ROUND ONE
Boner Candidate #1: YELLING ON A SCALE OF 9 OUT OF 10.
On Wednesday, a DoorDash driver was arrested at a restaurant in American Fork because he refused to wear a mask and caused a scene, yelling as loud as “a 9 on a scale of 1-10.”
Boner Candidate #2: I DIDN’T WANT TO LOSE IT.
Police stopped a man in Orem because his headlight was out and quickly discovered that he had several warrants. As he was being searched, officers found a decayed finger wrapped in a cloth inside the man’s wallet.
Boner Candidate #3: COME ON. IT’S OKAY ‘CAUSE I SAW IT ON NETFLIX.
A Florida man was arrested after he was pulled over for driving an unregistered truck and then admitted to police that he had magic mushrooms because he “saw them in a show on Netflix and wanted to try them.”
ROUND TWO
Boner Candidate #1: SORRY…YOU ARE OUT.
A transgender student at BYU was notified at her recent voice therapy appointment that the campus speech clinic would be ending all gender-affirming speech therapies because the service doesn’t align with LDS faith.
Boner Candidate #2: PUT HIM IN JAIL IMMEDIATELY. WELL, HAVE A TRIAL THEN PUT HIM IN JAIL.

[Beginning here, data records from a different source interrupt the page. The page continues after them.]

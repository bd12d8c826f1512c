-- ===== src/BroadcastTime.antt =====
-- The arithmetic on ticks of libneognss-obs/src/broadcast_bits.hpp: `nearest_week`, and the rounding
-- of BroadcastBits::offset. A tick is a picosecond; a Tick, a 128-bit integer there, is an integer.
use neo_gnss_observatory.Base.{
  ℕ, suc, ◌+◌, ◌*◌, ◌/◌, ◌%◌, ◌^◌, ◌≤◌, ◌<◌, ◌≡◌, ap, ◌∙◌, ◌&&◌, ◌||◌, false, Option, none, some,
  ltb, ◌==◌, not, if◌then◌else◌, arith, ◌⊎◌,
}
use native.Mathlib.Nat.{add-mul, mod-lt, div-add-mod'}
use neo_gnss_observatory.Base.Int.{ℤ, pos, negsuc, ◌+ℤ◌, ◌-ℤ◌, ◌*ℤ◌, ltb_ℤ, quot}
use neo_gnss_observatory.Wire.Cursor.{BroadcastBits, signed_field}

-- `seconds(604800)` and `seconds(302400)`.
abbrev pub week : ℕ
week = 604800000000000000

abbrev pub half_week : ℕ
half_week = 302400000000000000

abbrev pub settled : ℤ → ℤ → ℤ
settled now t =
    let t' = if ltb_ℤ (pos half_week) (t -ℤ now) then t -ℤ pos week else t in
    if ltb_ℤ (pos half_week) (now -ℤ t') then t' +ℤ pos week else t'

unfoldable pub nearest_week : Option ℤ → ℤ → Option ℤ
nearest_week none tow = none
nearest_week (some now) tow =
    if ltb_ℤ tow (pos 0) || not (ltb_ℤ tow (pos week))
    then none
    else some (settled now (quot now week *ℤ pos week +ℤ tow))

-- The rounding of `offset` for a number of ticks, `d` of which are one.
unfoldable pub rounded : ℕ → ℕ → ℕ
rounded x d =
    let q = x / d in let r = x % d in if ltb d (r * 2) || r * 2 == d && q % 2 == 1 then suc q else q

abbrev pub picoseconds : ℕ
picoseconds = 1000000000000

-- `d` is `Tick(1) << -exp`, for an exponent that is not positive.
unfoldable pub offset : BroadcastBits → (p n places : ℕ) → Option ℤ
unfolding rounded
offset b p n places = elim (signed_field b p n) [
  | none ↦ none
  | some (pos x) ↦ some (pos (rounded (x * picoseconds) (2 ^ places)))
  | some (negsuc x) ↦ some (pos 0 -ℤ pos (rounded (suc x * picoseconds) (2 ^ places)))
]

week_start : (n : ℕ) → (n / week * week ≤ n) × (n < n / week * week + week)
week_start n = omega arith

-- How the time moves, on numbers that are `later` by a week so that none is negative.
moved : ℕ → ℕ → ℕ
moved n a =
    if ltb (half_week + n) a then a else if ltb (half_week + a) n then a + 2 * week else a + week

settled-moved :
    (n a : ℕ) → a < n + week → n < a + week → settled (pos n) (pos a) ≡ pos (moved n a) -ℤ pos week
unfolding ◌+ℤ◌ ◌-ℤ◌ moved
settled-moved n a h k = ground arith

guess : (n tow : ℕ) → quot (pos n) week *ℤ pos week +ℤ pos tow ≡ pos (n / week * week + tow)
unfolding ◌+ℤ◌ ◌*ℤ◌ quot
guess n tow = ground arith

in_week :
    (tow : ℕ) → tow < week → (ltb_ℤ (pos tow) (pos 0) || not (ltb_ℤ (pos tow) (pos week))) ≡ false
in_week tow h = ground arith

first_guess :
    (n tow : ℕ)
    → tow < week
    → nearest_week (some (pos n)) (pos tow) ≡ some (settled (pos n) (pos (n / week * week + tow)))
unfolding nearest_week
first_guess n tow h =
    rw (in_week tow h, nearest_week) (ap (λ a. some (settled (pos n) a)) (guess n tow))

-- For a time that is not negative and a time of week, nearest_week gives a time that is at most
-- half a week from the given one and whose time of week is the one asked for. The time is given a
-- week late, as `t`, since it can be negative.
pub nearest_week-near :
    (n tow : ℕ)
    → tow < week
    → (t : ℕ) × (nearest_week (some (pos n)) (pos tow) ≡ some (pos t -ℤ pos week))
      × (t ≤ n + week + half_week)
      × (n + week ≤ t + half_week)
      × (t % week ≡ tow)
unfolding nearest_week moved
nearest_week-near n tow h =
    let a = n / week * week + tow in
    (
      moved n a,
      first_guess n tow h ∙ ap (λ z. some z) (settled-moved n a (omega arith) (omega arith)),
      ground arith,
      ground arith,
      ground arith,
    )

-- For a divisor above 0 the rounding is to the nearest whole number, and half-way to the even one.
pub rounded-near :
    (x d : ℕ)
    → 0 < d
    → (rounded x d * d * 2 ≤ x * 2 + d)
      × (x * 2 ≤ rounded x d * d * 2 + d)
      × ((rounded x d * d * 2 ≡ x * 2 + d) ⊎ (x * 2 ≡ rounded x d * d * 2 + d)
          → rounded x d % 2 ≡ 0)
unfolding rounded
rounded-near x d h =
    let whole = div-add-mod' x d in
    let below = mod-lt x h in let next = add-mul (x / d) 1 d in ground (arith, whole, below, next)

Arizona Republican candidate for senator, Jim Lamon, released a western themed campaign ad that showed him shooting at actors that portrayed Joe Biden and Nancy Pelosi.
Boner Candidate #3: I THINK THIS IS ILLEGAL.
Students at a high school in West Virginia staged a walkout after they were told to attend an assembly where they were instructed to raise their arms in prayer and “give their lives over to Jesus”.